We also drop the handful of implementation bits relating to the
"fullySorted" internal-use-only import flag, which existed only to
support the JSON ingest API, which we've removed.
The most dangerous part of this is that the mutex semantics are
impossible to implement on top of our existing API, because they
require us to know, not how *many* bits we cleared, but which
*specific* bits we cleared. I've implemented this as a new Tx method,
which is almost certainly going to be tech debt one day; if we some
day drop the Import API, we should remove that.

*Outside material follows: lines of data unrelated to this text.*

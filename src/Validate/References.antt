-- ===== src/Validate/References.antt =====
-- What the checks of one object say of what it refers to.
use nfvis.Prelude.{
  String, ◌+++◌, Bool, true, false, not, List, [], ◌∷◌, ==_iff, ◌≡◌, All, str_eq, Option, none,
  some, arith,
}
use nfvis.Model.{
  Config, Bond, InterfaceConfig, L3Interface, NatConfig, NatRule, NatSourcePool, PortMirroring,
  VirtualSwitch, VsGateway, VswitchPort, Vrf,
}
use nfvis.Validate.Tables.{
  Texts, all_of, is_iface, is_vrf, is_name, is_vm_vnic, is_ct_vnic, is_qos, is_acl, any_iface,
  check_acl_ref, l3_iface_exists,
}
use nfvis.Validate.Network.{
  interface_blocks, bond_blocks, port_blocks, switch_blocks, l3_blocks, vrf_blocks, gateway_errors,
  address_errors, interface_errors, member_errors, bond_errors, kinds, port_errors, switch_errors,
  l3_errors, vrf_errors,
}
use nfvis.Validate.Services.{
  is_l3_switch, analyzer_errors, nat_rule_blocks, nat_rules_errors, nat_blocks, nat_errors,
  mirror_blocks, mirror_errors,
}
use nfvis.Validate.Duplicates.{
  append-nil, all_of-nil, flat_map-nil, All-map, error_if-nil, RefersTo, refers,
}

abbrev pub pools_of : Option NatConfig → List NatSourcePool
pools_of none = []
pools_of (some n) = n.source_pools

abbrev pub rules_of : Option NatConfig → List NatRule
rules_of none = []
rules_of (some n) = n.rules

module _ (texts : Texts) (c : Config) where
  -- A port of a switch stands for one thing, which exists, and its access lists exist.
  pub record IsPlugged (q : VswitchPort) : Type 0 where
    pub one : kinds texts c q ≡ 1
    pub interface : RefersTo (any_iface c) q.interface
    pub vnf : RefersTo (λ n. is_vm_vnic c (n +++ "/" +++ q.vnf_interface)) q.vnf
    pub container : RefersTo (λ n. is_ct_vnic c (n +++ "/" +++ q.container_interface)) q.container
    pub acl_in : RefersTo (is_acl c) q.acl_in
    pub acl_out : RefersTo (is_acl c) q.acl_out

  pub record IsServed (g : VsGateway) : Type 0 where
    pub vrf : RefersTo (is_vrf c) g.vrf
    pub acl_in : RefersTo (is_acl c) g.acl_in
    pub acl_out : RefersTo (is_acl c) g.acl_out

  abbrev pub GatewayServed : Option VsGateway → Type 0
  GatewayServed none = Unit
  GatewayServed (some g) = IsServed g

  -- A mirror copies what exists to an interface.
  pub record IsMirrored (m : PortMirroring) : Type 0 where
    pub interface : RefersTo (any_iface c) m.source.interface
    pub vnf : RefersTo (λ n. is_vm_vnic c (n +++ "/" +++ m.source.vnf_interface)) m.source.vnf
    pub analyzer : is_iface c m.analyzer ≡ true

  -- A rule stands for an L3 switch, and its pool exists.
  pub record IsTranslated (pools : List NatSourcePool) (r : NatRule) : Type 0 where
    pub switch : is_l3_switch c r.virtual_switch ≡ true
    pub pool : RefersTo (is_name (λ (p : NatSourcePool). p.name) pools) r.action.source_pool

  pub record IsRouted (l : L3Interface) : Type 0 where
    pub exists : l3_iface_exists texts c l.interface ≡ true
    pub acl_in : RefersTo (is_acl c) l.acl_in

  pub not-false : (b : Bool) → not b ≡ false → b ≡ true
  not-false b h = ground arith

  pub acl_refers : (p n : String) → check_acl_ref c p n ≡ [] → RefersTo (is_acl c) n
  unfolding check_acl_ref
  acl_refers p n h = refers (str_eq n "") (is_acl c n) (error_if-nil _ _ _ h)

  pub interface-policed :
      (p : String) (i : InterfaceConfig)
      → interface_errors texts c p i ≡ []
      → RefersTo (is_qos c) i.ingress_policy
  interface-policed p i h =
      refers (str_eq i.ingress_policy "") (is_qos c i.ingress_policy)
        (error_if-nil _ _ _ (all_of-nil (interface_blocks texts c p i) h).1.0)

  pub members-bonded :
      (p : String) (ms : List String)
      → member_errors texts c p ms ≡ []
      → All (λ m. is_iface c m ≡ true) ms
  members-bonded p ms h =
      All-map _ (λ m. is_iface c m ≡ true) ms
        (λ m e. not-false (is_iface c m) (error_if-nil _ _ _ e)) (flat_map-nil _ ms h)

  pub bond-bonded :
      (p : String) (b : Bond)
      → bond_errors texts c p b ≡ []
      → All (λ m. is_iface c m ≡ true) b.members
  bond-bonded p b h = members-bonded p b.members (all_of-nil (bond_blocks texts c p b) h).1.0

  pub port-IsPlugged :
      (p : String) (s : VirtualSwitch) (q : VswitchPort)
      → port_errors texts c p s q ≡ []
      → IsPlugged q
  port-IsPlugged p s q h =
      let (e1, (e2, (e3, (e4, (e5, (e6, (e7, (e8, (e9, (e10, e11)))))))))) =
        all_of-nil (port_blocks texts c p s q) h in
      record {
        one = (==_iff (kinds texts c q) 1).0 (not-false _ (error_if-nil _ _ _ e4));
        interface =
            refers (str_eq q.interface "") (any_iface c q.interface) (error_if-nil _ _ _ e1);
        vnf = refers (str_eq q.vnf "") _ (error_if-nil _ _ _ e2);
        container = refers (str_eq q.container "") _ (error_if-nil _ _ _ e3);
        acl_in = acl_refers _ q.acl_in e9;
        acl_out = acl_refers _ q.acl_out e10;
      }

  pub gateway-served :
      (p : String) (o : Option VsGateway) → gateway_errors texts c p o ≡ [] → GatewayServed o
  gateway-served p none h = tt
  gateway-served p (some g) h =
      let (h1, e4) = append-nil _ (check_acl_ref c (p +++ ".gateway.acl_out") g.acl_out) h in
      let (h2, e3) = append-nil _ (check_acl_ref c (p +++ ".gateway.acl_in") g.acl_in) h1 in
      let (e1, e2) =
        append-nil
          (address_errors texts c (p +++ ".gateway") 0 g.addresses "网关地址 %q 必须是 ip-prefix（CIDR）") _
          h2 in
      record {
        vrf = refers (str_eq g.vrf "") (is_vrf c g.vrf) (error_if-nil _ _ _ e2);
        acl_in = acl_refers _ g.acl_in e3;
        acl_out = acl_refers _ g.acl_out e4;
      }

  pub switch-served :
      (p : String) (s : VirtualSwitch) → switch_errors texts c p s ≡ [] → GatewayServed s.gateway
  switch-served p s h = gateway-served p s.gateway (all_of-nil (switch_blocks texts c p s) h).1.1.0

  pub switch-IsPlugged :
      (p : String) (s : VirtualSwitch) → switch_errors texts c p s ≡ [] → All IsPlugged s.ports
  switch-IsPlugged p s h =
      let (e1, (e2, (e3, (e4, (e5, e6))))) = all_of-nil (switch_blocks texts c p s) h in
      All-map _ IsPlugged s.ports
        (λ q e. port-IsPlugged (p +++ ".ports[" +++ texts.show q.seq +++ "]") s q e)
        (flat_map-nil _ s.ports e5)

  pub l3-routed : (p : String) (l : L3Interface) → l3_errors texts c p l ≡ [] → IsRouted l
  l3-routed p l h =
      let (e1, (e2, (e3, e4))) = all_of-nil (l3_blocks texts c p l) h in
      record { exists = not-false _ (error_if-nil _ _ _ e1); acl_in = acl_refers _ l.acl_in e3 }

  pub vrf-routed :
      (p : String) (r : Vrf) → vrf_errors texts c p r ≡ [] → All IsRouted r.l3_interfaces
  vrf-routed p r h =
      All-map _ IsRouted r.l3_interfaces
        (λ l e. l3-routed (p +++ ".l3_interfaces[" +++ l.interface +++ "]") l e)
        (flat_map-nil _ r.l3_interfaces (all_of-nil (vrf_blocks texts c p r) h).1.0)

  pub analyzer-exists : (p a : String) → analyzer_errors texts c p a ≡ [] → is_iface c a ≡ true
  analyzer-exists p a h = ground arith

  pub mirror-IsMirrored :
      (p : String) (m : PortMirroring) → mirror_errors texts c p m ≡ [] → IsMirrored m
  mirror-IsMirrored p m h =
      let (e1, (e2, (e3, (e4, (e5, e6))))) = all_of-nil (mirror_blocks texts c p m) h in
      record {
        interface =
            refers (str_eq m.source.interface "") (any_iface c m.source.interface)
              (error_if-nil _ _ _ e1);
        vnf = refers (str_eq m.source.vnf "") _ (error_if-nil _ _ _ e2);
        analyzer = analyzer-exists p m.analyzer e5;
      }

  pub nat_rule-IsTranslated :
      (pools : List NatSourcePool) (r : NatRule) (inside outside : String)
      → all_of (nat_rule_blocks texts c pools inside outside r) ≡ []
      → IsTranslated pools r
  nat_rule-IsTranslated pools r inside outside h =
      let (e1, (e2, (e3, (e4, (e5, e6))))) =
        all_of-nil (nat_rule_blocks texts c pools inside outside r) h in
      record {
        switch = not-false _ (error_if-nil _ _ _ e2);
        pool = refers (str_eq r.action.source_pool "") _ (error_if-nil _ _ _ e5);
      }

  pub nat_rules-IsTranslated :
      (pools : List NatSourcePool) (rs : List NatRule) (inside outside : String)
      → nat_rules_errors texts c pools inside outside rs ≡ []
      → All (IsTranslated pools) rs
  unfolding nat_rules_errors
  nat_rules-IsTranslated pools [] inside outside h = tt
  nat_rules-IsTranslated pools (r ∷ rs) inside outside h =
      let (e, es) = append-nil (all_of (nat_rule_blocks texts c pools inside outside r)) _ h in
      (nat_rule-IsTranslated pools r inside outside e, nat_rules-IsTranslated pools rs _ _ es)

  pub nat-IsTranslated :
      (n : Option NatConfig)
      → nat_errors texts c n ≡ []
      → All (IsTranslated (pools_of n)) (rules_of n)
  nat-IsTranslated none h = tt
  nat-IsTranslated (some n) h =
      nat_rules-IsTranslated n.source_pools n.rules "" ""
        (all_of-nil (nat_blocks texts c n) h).1.1.1.0
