-- ===== src/Validate/Accepted.antt =====
-- What a configuration without errors is like.
use nfvis.Prelude.{String, ◌+++◌, true, List, [], ◌++◌, ◌≡◌, flat_map, All}
use nfvis.Model.{
  Config, Acl, Bond, InterfaceConfig, PortMirroring, QosPolicy, VirtualSwitch, Vrf, ValidateError,
}
use nfvis.Orchestrator.Planned.Names.{IsUnique}
use nfvis.Validate.Tables.{Texts, is_iface, is_qos, dup_check, under_name}
use nfvis.Validate.Network.{
  interface_errors, check_interfaces, bond_errors, check_bonds, switch_errors,
  check_virtual_switches, vrf_errors, acl_errors, check_vrfs, check_acls,
}
use nfvis.Validate.Services.{
  check_nat, mirror_errors, check_port_mirroring, qos_errors, check_qos, network_checks,
  check_network,
}
use nfvis.Validate.Duplicates.{
  append-nil, all_of-nil, flat_map-nil, All-map, under_name-nil, RefersTo, dup_from-IsUnique,
}
use nfvis.Validate.References.{
  pools_of, rules_of, IsPlugged, IsMirrored, IsTranslated, IsRouted, interface-policed, bond-bonded,
  switch-served, switch-IsPlugged, vrf-routed, mirror-IsMirrored, nat-IsTranslated, GatewayServed,
}

module _ (texts : Texts) (c : Config) where
  -- Names are unique, and what is referred to is there.
  pub record IsAccepted : Type 0 where
    pub interfaces : IsUnique (λ (i : InterfaceConfig). i.name) c.interfaces
    pub bonds : IsUnique (λ (b : Bond). b.name) c.bonds
    pub switches : IsUnique (λ (s : VirtualSwitch). s.name) c.virtual_switches
    pub vrfs : IsUnique (λ (r : Vrf). r.name) c.vrfs
    pub acls : IsUnique (λ (a : Acl). a.name) c.acls
    pub policed : All (λ (i : InterfaceConfig). RefersTo (is_qos c) i.ingress_policy) c.interfaces
    pub bonded : All (λ (b : Bond). All (λ m. is_iface c m ≡ true) b.members) c.bonds
    pub plugged : All (λ (s : VirtualSwitch). All (IsPlugged texts c) s.ports) c.virtual_switches
    pub routed : All (λ (r : Vrf). All (IsRouted texts c) r.l3_interfaces) c.vrfs
    pub mirrors : IsUnique (λ (m : PortMirroring). m.name) c.port_mirroring
    pub policies : IsUnique (λ (q : QosPolicy). q.name) c.qos_policies
    pub served : All (λ (s : VirtualSwitch). GatewayServed texts c s.gateway) c.virtual_switches
    pub mirrored : All (IsMirrored texts c) c.port_mirroring
    pub translated : All (IsTranslated texts c (pools_of c.nat)) (rules_of c.nat)

  -- What one check of named objects says of them: `dupCheck`, and the loop over them.
  each :
      {T : Type 0} (name : T → String) (base what : String) (errors : T → List ValidateError)
      (Q : T → Type 0) (xs : List T)
      → ((x : T) → errors x ≡ [] → Q x)
      → dup_check name base what xs
          ++ flat_map
              (λ x. under_name texts (base +++ "[" +++ name x +++ "]") (name x) what (errors x))
              xs
        ≡ []
      → IsUnique name xs × All Q xs
  each name base what errors Q xs f h =
      let (d, e) =
        append-nil (dup_check name base what xs)
          (flat_map
            (λ x. under_name texts (base +++ "[" +++ name x +++ "]") (name x) what (errors x)) xs)
          h in
      (
        dup_from-IsUnique name base what [] xs d,
        All-map
            (λ x. under_name texts (base +++ "[" +++ name x +++ "]") (name x) what (errors x) ≡ [])
            Q xs
            (λ x e.
              f x
                (under_name-nil texts (base +++ "[" +++ name x +++ "]") (name x) what (errors x) e))
            (flat_map-nil _ xs e),
      )

  -- A configuration in which the checks of the network find no error has unique names of interfaces,
  -- bonds, switches, routing tables, access lists, mirrors and rate limits. The rate limit of an
  -- interface exists; the members of a bond are interfaces; a port of a switch names exactly one of an
  -- interface or bond, a vNIC of a machine and one of a container, which exists, and its access lists
  -- exist; so do the routing table and the access lists of a gateway, and each interface of a routing
  -- table and its access list; a mirror copies an interface, bond or vNIC that exists to an interface;
  -- a rule of address translation names an L3 switch and, if any, a pool that exists.
  pub check_network-IsAccepted : check_network texts c ≡ [] → IsAccepted
  unfolding check_network check_nat check_port_mirroring check_qos check_interfaces check_bonds
      check_virtual_switches check_vrfs check_acls
  check_network-IsAccepted h =
      let (hi, (hb, (hs, (hv, (ha, (hn, (hm, (hq, e)))))))) =
        all_of-nil (network_checks texts c) h in
      let (i1, i2) =
        each (λ i. i.name) "interfaces" "接口"
          (λ i. interface_errors texts c ("interfaces" +++ "[" +++ i.name +++ "]") i)
          (λ i. RefersTo (is_qos c) i.ingress_policy) c.interfaces
          (λ i e. interface-policed texts c ("interfaces" +++ "[" +++ i.name +++ "]") i e) hi in
      let (b1, b2) =
        each (λ b. b.name) "bonds" "bond"
          (λ b. bond_errors texts c ("bonds" +++ "[" +++ b.name +++ "]") b)
          (λ b. All (λ m. is_iface c m ≡ true) b.members) c.bonds
          (λ b e. bond-bonded texts c ("bonds" +++ "[" +++ b.name +++ "]") b e) hb in
      let (s1, s2) =
        each (λ s. s.name) "virtual-switches" "虚拟交换机"
          (λ s. switch_errors texts c ("virtual-switches" +++ "[" +++ s.name +++ "]") s)
          (λ s. All (IsPlugged texts c) s.ports × GatewayServed texts c s.gateway)
          c.virtual_switches
          (λ s e. (
            switch-IsPlugged texts c ("virtual-switches" +++ "[" +++ s.name +++ "]") s e,
            switch-served texts c ("virtual-switches" +++ "[" +++ s.name +++ "]") s e,
          ))
          hs in
      let (v1, v2) =
        each (λ r. r.name) "vrfs" "VRF"
          (λ r. vrf_errors texts c ("vrfs" +++ "[" +++ r.name +++ "]") r)
          (λ r. All (IsRouted texts c) r.l3_interfaces) c.vrfs
          (λ r e. vrf-routed texts c ("vrfs" +++ "[" +++ r.name +++ "]") r e) hv in
      let (a1, a2) =
        each (λ a. a.name) "acls" "ACL"
          (λ a. acl_errors texts c ("acls" +++ "[" +++ a.name +++ "]") a) (λ a. Unit) c.acls
          (λ a e. tt) ha in
      let (m1, m2) =
        each (λ m. m.name) "port-mirroring" "镜像会话"
          (λ m. mirror_errors texts c ("port-mirroring" +++ "[" +++ m.name +++ "]") m)
          (IsMirrored texts c) c.port_mirroring
          (λ m e. mirror-IsMirrored texts c ("port-mirroring" +++ "[" +++ m.name +++ "]") m e) hm in
      let (q1, q2) =
        each (λ q. q.name) "qos-policies" "限速策略"
          (λ q. qos_errors texts c ("qos-policies" +++ "[" +++ q.name +++ "]") q) (λ q. Unit)
          c.qos_policies (λ q e. tt) hq in
      record {
        interfaces = i1;
        bonds = b1;
        switches = s1;
        vrfs = v1;
        acls = a1;
        policed = i2;
        bonded = b2;
        plugged = All-map _ _ c.virtual_switches (λ s w. w.0) s2;
        routed = v2;
        mirrors = m1;
        policies = q1;
        mirrored = m2;
        served = All-map _ _ c.virtual_switches (λ s w. w.1) s2;
        translated = nat-IsTranslated texts c c.nat hn;
      }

The testing for this is only currently covering the Set/Clear
behavior of PQL, and the Import API. The batch tests haven't been
written yet.
Fields that don't have existence tracking enabled refuse to perform
null/not-null tests. They should also report themselves as having
no null values -- if a record exists, sets in it are considered
empty rather than null.
The SQL3 support requires a number of subtle modifications to both
featurebase and some addon tooling. The essential thing is dropping
the unconditional translation of nil slices to non-nil empty slices
in translateResult, both in the executor and the orchestrator. We
also modify the logic that handles generating results from Extract
calls, to ensure that non-null sets get an empty slice created for
them even if they never have any values assigned.
The expected results for some tests are different now; we expect to
get nil slices, rather than 0-length non-nil slices, for fields which
were never written for a given record. Most tests were not changed.
(In every case, if a test was failing, I actually checked the logic
before changing expected results. This required a lot of tracking down
of edge cases.)
The batch package now rejects as an error attempts to clear single
bits from mutex fields, because so far as I can tell it's simply
impossible to have a roaring import that specifies the correct semantics
there; you can't tell whether to clear an existence bit without
access to the currently-set bits, which the batch API doesn't have.
We already supported the special case of specifying a clear value
of nil for clearing a mutex field; now that is the only allowed
value for a mutex field to have in row.Clears.
We change the logic for fixing up incoming view names (in two places)
to stop assuming that any view in a time field other than "" that does
not have viewStandard as a prefix is a partial time quantum name that
should have "standard_" prepended to it. This allows us to submit
bitmaps for "existence" to time quantum fields and not have them
silently transformed into "standard_existence" because that's what we'd
do with "202203".
We drop the field ClearBits method, which was totally unused.
We drop the sliceDifference function, which was used in a previous
mutex implementation and hasn't been used in ages, and the test
case for it, and the helper function used only by that test case.